Speaker
Description
We implement a novel formalism to constrain primordial non-Gaussianity of the local type from the large-scale modulation of the small-scale power spectrum. Our approach combines information about primordial non-Gaussianity contained in the squeezed bispectrum and the collapsed trispectrum of large-scale structure together in a computationally amenable and consistent way, while avoiding the need to model complicated covariances of higher $N$-point functions. We perform a simulation based study and explore using both matter field and halo catalogues from the Quijote simulations.
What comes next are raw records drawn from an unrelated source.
-- ===== src/Probe.antt =====
-- fs/probe.c, include/fs/probe.h: which file system a device holds. A device has its sectors and may
-- fail to read any of them; one without a read function is not modelled.
pub mod Numeric
mod Tests
use hao_sys.Base.{
  ℕ, zero, suc, ◌+◌, ◌-◌, ◌*◌, ◌/◌, ◌%◌, ◌^◌, Bool, true, false, not, ◌&&◌, ◌||◌, List, [], ◌∷◌,
  Option, none, some, Memory, add32, sub32, mul32, ◌==◌, ltb, if◌then◌else◌, bit_and,
}
use hao_sys.Fat.{Device, get16, get32}
use hao_sys.Fat.Mount.{
  bytes_match, or_else, root_sectors, is_fat_partition, partition_type, partition_lba,
  has_signature,
}

pub data ProbeFs : Type 0 where
  fs_unknown : ProbeFs
  fs_fat12 : ProbeFs
  fs_fat16 : ProbeFs
  fs_fat32 : ProbeFs
  fs_exfat : ProbeFs
  fs_ntfs : ProbeFs
  fs_ext2 : ProbeFs
  fs_ext3 : ProbeFs
  fs_ext4 : ProbeFs
  fs_iso9660 : ProbeFs
  fs_xfs : ProbeFs
  fs_btrfs : ProbeFs

-- The names in ASCII.
pub probe_fs_name : ProbeFs → List ℕ
probe_fs_name t = elim t [
  | fs_fat12 ↦ 70 ∷ 65 ∷ 84 ∷ 49 ∷ 50 ∷ []
  | fs_fat16 ↦ 70 ∷ 65 ∷ 84 ∷ 49 ∷ 54 ∷ []
  | fs_fat32 ↦ 70 ∷ 65 ∷ 84 ∷ 51 ∷ 50 ∷ []
  | fs_exfat ↦ 101 ∷ 120 ∷ 70 ∷ 65 ∷ 84 ∷ []
  | fs_ntfs ↦ 78 ∷ 84 ∷ 70 ∷ 83 ∷ []
  | fs_ext2 ↦ 101 ∷ 120 ∷ 116 ∷ 50 ∷ []
  | fs_ext3 ↦ 101 ∷ 120 ∷ 116 ∷ 51 ∷ []
  | fs_ext4 ↦ 101 ∷ 120 ∷ 116 ∷ 52 ∷ []
  | fs_iso9660 ↦ 73 ∷ 83 ∷ 79 ∷ 57 ∷ 54 ∷ 54 ∷ 48 ∷ []
  | fs_xfs ↦ 88 ∷ 70 ∷ 83 ∷ []
  | fs_btrfs ↦ 98 ∷ 116 ∷ 114 ∷ 102 ∷ 115 ∷ []
  | fs_unknown ↦ 117 ∷ 110 ∷ 107 ∷ 110 ∷ 111 ∷ 119 ∷ 110 ∷ []
]

abbrev pub sector_size_known : ℕ → Bool
sector_size_known n = (n == 512) || ((n == 1024) || ((n == 2048) || (n == 4096)))

-- The number of clusters decides.
unfoldable pub fat_by_clusters : ℕ → ProbeFs
fat_by_clusters clusters =
    if ltb clusters 4085 then fs_fat12 else if ltb clusters 65525 then fs_fat16 else fs_fat32

unfoldable pub probe_fat_numeric : Memory → ProbeFs
probe_fat_numeric s =
    let size = get16 s 11 in
    let tables = or_else (get16 s 22) (get32 s 36) in
    let total = or_else (get16 s 19) (get32 s 32) in
    let data_sectors =
      sub32 (sub32 (sub32 total (get16 s 14)) (mul32 (s 16) tables))
        (root_sectors (get16 s 17) size) in
    if not (sector_size_known size)
    then fs_unknown
    else (if (s 13 == 0) || not (bit_and (s 13) (s 13 - 1) == 0)
        then fs_unknown
        else (if (s 16 == 0) || ((tables == 0) || (total == 0))
            then fs_unknown
            else fat_by_clusters (data_sectors / s 13)))

abbrev pub known : ProbeFs → Option ProbeFs
known t = elim t [ fs_unknown ↦ none | t ↦ some t ]

abbrev pub or_try : Option ProbeFs → Option ProbeFs → Option ProbeFs
or_try found next = elim found [ none ↦ next | some t ↦ some t ]

abbrev pub try : Bool → ProbeFs → Option ProbeFs
try test t = if test then some t else none

-- "FAT12   ", "FAT16   " or "FAT32   " at offset 54.
unfoldable pub fat_named : Memory → Option ProbeFs
fat_named s =
    or_try (try (bytes_match s 54 (70 ∷ 65 ∷ 84 ∷ 49 ∷ 50 ∷ 32 ∷ 32 ∷ 32 ∷ [])) fs_fat12) (
      or_try (try (bytes_match s 54 (70 ∷ 65 ∷ 84 ∷ 49 ∷ 54 ∷ 32 ∷ 32 ∷ 32 ∷ [])) fs_fat16)
        (try (bytes_match s 54 (70 ∷ 65 ∷ 84 ∷ 51 ∷ 50 ∷ 32 ∷ 32 ∷ 32 ∷ [])) fs_fat32))

-- Sector 0: "NTFS    " and "EXFAT   " at offset 3, the FAT names, "XFSB", and the FAT numbers.
unfoldable pub probe_first : Memory → Option ProbeFs
probe_first s =
    or_try (try (bytes_match s 3 (78 ∷ 84 ∷ 70 ∷ 83 ∷ 32 ∷ 32 ∷ 32 ∷ 32 ∷ [])) fs_ntfs) (
      or_try (try (bytes_match s 3 (69 ∷ 88 ∷ 70 ∷ 65 ∷ 84 ∷ 32 ∷ 32 ∷ 32 ∷ [])) fs_exfat) (
        or_try (fat_named s) (
          or_try (try (bytes_match s 0 (88 ∷ 70 ∷ 83 ∷ 66 ∷ [])) fs_xfs)
            (known (probe_fat_numeric s)))))

-- The boot sectors of the FAT partitions among `n` entries of the table from entry `i` on.
unfoldable pub probe_partitions : Device → Memory → ℕ → ℕ → Option ProbeFs
probe_partitions dev mbr zero i = none
probe_partitions dev mbr (suc n) i =
    let rest = probe_partitions dev mbr n (i + 1) in
    let s = dev.sectors (partition_lba mbr i) in
    if is_fat_partition (partition_type mbr i) && dev.can_read (partition_lba mbr i)
    then or_try (fat_named s) (or_try (known (probe_fat_numeric s)) rest)
    else rest

-- The magic number of ext at offset 56 of sector 2, and its features.
unfoldable pub probe_ext : Memory → Option ProbeFs
probe_ext s =
    if get16 s 56 == 0xEF53
    then some (
        if bit_and (get32 s 96) 0x40 == 0
        then (if bit_and (get32 s 92) 0x04 == 0 then fs_ext2 else fs_ext3)
        else fs_ext4)
    else none

-- What is tried at a sector, if it can be read.
abbrev pub at_sector : Device → ℕ → (Memory → Option ProbeFs) → Option ProbeFs
at_sector dev lba probe = if dev.can_read lba then probe (dev.sectors lba) else none

unfoldable pub fs_probe : Device → ProbeFs
fs_probe dev =
    let found = or_try (at_sector dev 0 probe_first) (
      or_try (at_sector dev 0 (λ s. if has_signature s then probe_partitions dev s 4 0 else none)) (
        or_try (at_sector dev 2 probe_ext) (
          or_try
            (at_sector dev 16 (λ s. try (bytes_match s 1 (67 ∷ 68 ∷ 48 ∷ 48 ∷ 49 ∷ [])) fs_iso9660))
            (at_sector dev 128 (λ s.
              try (bytes_match s 0x40 (95 ∷ 66 ∷ 72 ∷ 82 ∷ 102 ∷ 83 ∷ 95 ∷ 77 ∷ []))
                fs_btrfs))))) in
    elim found [ none ↦ fs_unknown | some t ↦ t ]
We find that higher $N$-point functions of the matter field can provide strong constraints local on non-Gaussianity parameter $f_{NL}$, but higher $N$-point functions of the halo field, at the halo density of Quijote, only marginally improve constraints from the two-point function. In subsequent work, we take this idea further and train a neural network to locally estimate the amplitude of linear fluctuation $\sigma_8$ from matter density field and correlate these local estimates with the large-scale density field. We apply our method to $N$-body simulations, and show that $\sigma(f_{NL})$ is 5.5 times better than the constraint obtained from a standard halo-based approach. We show that our method has the same robustness property as large-scale halo bias: baryonic physics can change the normalization of the estimated $f_{NL}$, but cannot change whether $f_{NL}$ is detected.